Not a bad movie, though the sequels (and remakes) are better
Don "The Dragon" Wilson plays a kickboxer named Jake Raye. He receives news from Manila that his brother, Michael, was found murdered. So he goes to the Philippines, to try and find his brother's killer. He meets a man named Kwong (Joe Mari Avellana), who trains him to compete in a martial-arts tournament called "Ta Chang" -- because he suspects that one of the fighters there was Michael's killer.
Some of the actors (excepting Wilson and Joe Mari Avellana) are quite bad, and the fight scenes aren't choreographed very well (you can make out that the fighters aren't really hitting each other). Still, this is an entertaining movie.

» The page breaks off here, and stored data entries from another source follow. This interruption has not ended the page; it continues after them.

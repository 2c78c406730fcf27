-- ===== src/Store/Config/File.antt =====
-- The file of the settings: `load_file`, `zb_config_load` and `zb_config_save` of src/store/config.c.
use zhuzhbox_cli.Base.{
  ℕ, Bool, true, false, not, Option, none, some, List, [], ◌∷◌, if◌then◌else◌, Bytes, codes,
}
use zhuzhbox_cli.Base.Int.{ℤ, pos, negsuc, eqb_ℤ}
use zhuzhbox_cli.Error.{Status, Outcome, done, fail, ◌>>=◌}
use zhuzhbox_cli.Format.Relative.{decimal}
use zhuzhbox_cli.Format.Size.{Doubles}
use zhuzhbox_cli.Json.{
  CJson, json_get, json_as_u64, json_obj_set_str, json_obj_set_i64, json_obj_set_u64,
}
use zhuzhbox_cli.Store.Alloc.{Alloc}
use zhuzhbox_cli.Store.Atomic.{Files, Disk, atomic_write}
use zhuzhbox_cli.Store.Config.{Key, Source, Config, all_keys, key_name, set_from_text, load_env}

-- What else of cJSON the settings use: null, and the value of a boolean.
pub record CJsonKinds (c : CJson) : Type 0 where
  pub is_null : c.Node → Bool
  pub bool_value : c.Node → Option Bool
  pub create_bool : Bool → c.Node

module _ (c : CJson) (kinds : CJsonKinds c) where
  abbrev number_text : Option ℕ → Outcome Bytes
  number_text none = fail Status.io
  number_text (some n) = done (decimal n)

  abbrev bool_text : Option Bool → c.Node → Outcome Bytes
  bool_text (some true) node = done (codes "on")
  bool_text (some false) node = done (codes "off")
  bool_text none node = elim (c.number_value node) [
    | none ↦ fail Status.io
    | some d ↦ number_text (json_as_u64 c (some node))
  ]

  -- The text that a value stands for.
  unfoldable pub value_text : c.Node → Outcome Bytes
  unfolding decimal
  value_text node = elim (c.string_value node) [
    | some text ↦ done text
    | none ↦ bool_text (kinds.bool_value node) node
  ]

  -- A node that is null counts as none.
  abbrev pub present : Option c.Node → Option c.Node
  present none = none
  present (some node) = if kinds.is_null node then none else some node

  -- The value of a key: at the top, or in the old "defaults".
  unfoldable pub node_of : c.Node → Key → Option c.Node
  node_of root key = elim (json_get c (some root) (key_name key)) [
    | some node ↦ present (some node)
    | none ↦ present (json_get c (json_get c (some root) (codes "defaults")) (key_name key))
  ]

  unfoldable pub set_key : Doubles → Alloc → c.Node → Key → Config → Outcome Config
  unfolding value_text node_of
  set_key f m root key cfg = elim (node_of root key) [
    | none ↦ done cfg
    | some node ↦ value_text node >>= λ text. set_from_text f m key text Source.from_file cfg
  ]

  unfoldable pub set_keys : Doubles → Alloc → c.Node → List Key → Config → Outcome Config
  unfolding set_key
  set_keys f m root [] cfg = done cfg
  set_keys f m root (key ∷ keys) cfg =
      set_key f m root key cfg >>= λ after. set_keys f m root keys after

  unfoldable pub load_root : Doubles → Alloc → Option c.Node → Config → Outcome Config
  unfolding set_keys
  load_root f m none cfg = fail Status.io
  load_root f m (some root) cfg =
      if not (c.is_object root) then fail Status.io else set_keys f m root all_keys cfg

  -- `load_file`, from what `zb_read_file` gave.
  unfoldable pub load_config : Doubles → Alloc → Outcome (Option c.Text) → Config → Outcome Config
  unfolding load_root
  load_config f m (fail e) cfg = fail e
  load_config f m (done none) cfg = done cfg
  load_config f m (done (some text)) cfg =
      if c.is_empty text then done cfg else load_root f m (c.parse text) cfg

  -- `zb_config_load` with a base directory: the file, and then the environment.
  unfoldable pub config_load :
      Doubles → Alloc → Outcome (Option c.Text) → (Bytes → Option Bytes) → Config → Outcome Config
  config_load f m file env cfg = load_config f m file cfg >>= load_env f m env

  -- Only what the file had or what was just set is written.
  abbrev pub is_owned : Source → Bool
  is_owned Source.from_file = true
  is_owned Source.by_flag = true
  is_owned _ = false

  abbrev pub tri_text : ℤ → Bytes
  tri_text (negsuc n) = codes "auto"
  tri_text (pos n) = if eqb_ℤ (pos n) (pos 0) then codes "off" else codes "on"

  abbrev pub bool_node : ℤ → c.Node
  bool_node v = kinds.create_bool (not (eqb_ℤ v (pos 0)))

  unfoldable pub save_value : Config → Key → c.Node → c.Node
  save_value cfg Key.api_host root = json_obj_set_str c root (codes "apiHost") (some cfg.api_host)
  save_value cfg Key.download_host root =
      json_obj_set_str c root (codes "downloadHost") (some cfg.download_host)
  save_value cfg Key.site_host root =
      json_obj_set_str c root (codes "siteHost") (some cfg.site_host)
  save_value cfg Key.concurrency root =
      json_obj_set_i64 c root (codes "concurrency") cfg.concurrency
  save_value cfg Key.bundle root =
      c.add_item_to_object root (codes "bundle") (bool_node cfg.bundle_default)
  save_value cfg Key.color root =
      json_obj_set_str c root (codes "color") (some (tri_text cfg.color))
  save_value cfg Key.progress root =
      json_obj_set_str c root (codes "progress") (some (tri_text cfg.progress))
  save_value cfg Key.single_shot root =
      c.add_item_to_object root (codes "singleShot") (bool_node cfg.single_shot)
  save_value cfg Key.single_shot_max root =
      json_obj_set_u64 c root (codes "singleShotMax") cfg.single_shot_max
  save_value cfg Key.resume root =
      c.add_item_to_object root (codes "resume") (bool_node cfg.resume_default)

  unfoldable pub save_keys : Config → List Key → c.Node → c.Node
  unfolding save_value
  save_keys cfg [] root = root
  save_keys cfg (key ∷ keys) root =
      save_keys cfg keys (if is_owned (cfg.src key) then save_value cfg key root else root)

  -- The object whose text `zb_config_save` writes.
  unfoldable pub config_json : Config → c.Node
  unfolding save_keys
  config_json cfg = save_keys cfg all_keys c.create_object

  -- `path` is the file of the settings, `blank` a text that is cut short.
  unfoldable pub config_save : Disk → Bytes → c.Text → Files c.Text → Config → Files c.Text × Status
  unfolding config_json
  config_save d path blank fs cfg = atomic_write d fs path blank (c.print (config_json cfg))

"Bloodfist" was remade twice (at least as far as I know), as "Full Contact (1992)" and "Dragon Fire (1993)". I've seen both, and they're better than this one. "Full Contact" is the best of the lot (and it would have been even better had Don "The Dragon" Wilson been in it instead of Jerry Trimble).
Seven sequels (to date) have followed "Bloodfist" -- most of them have nothing to do with the first one. They're all better than this movie (especially parts 6 and 7).
If you like low budget action movies, and if you are a fan of Don "The Dragon" Wilson, you might want to see this early movie of his. Others will probably not like this movie.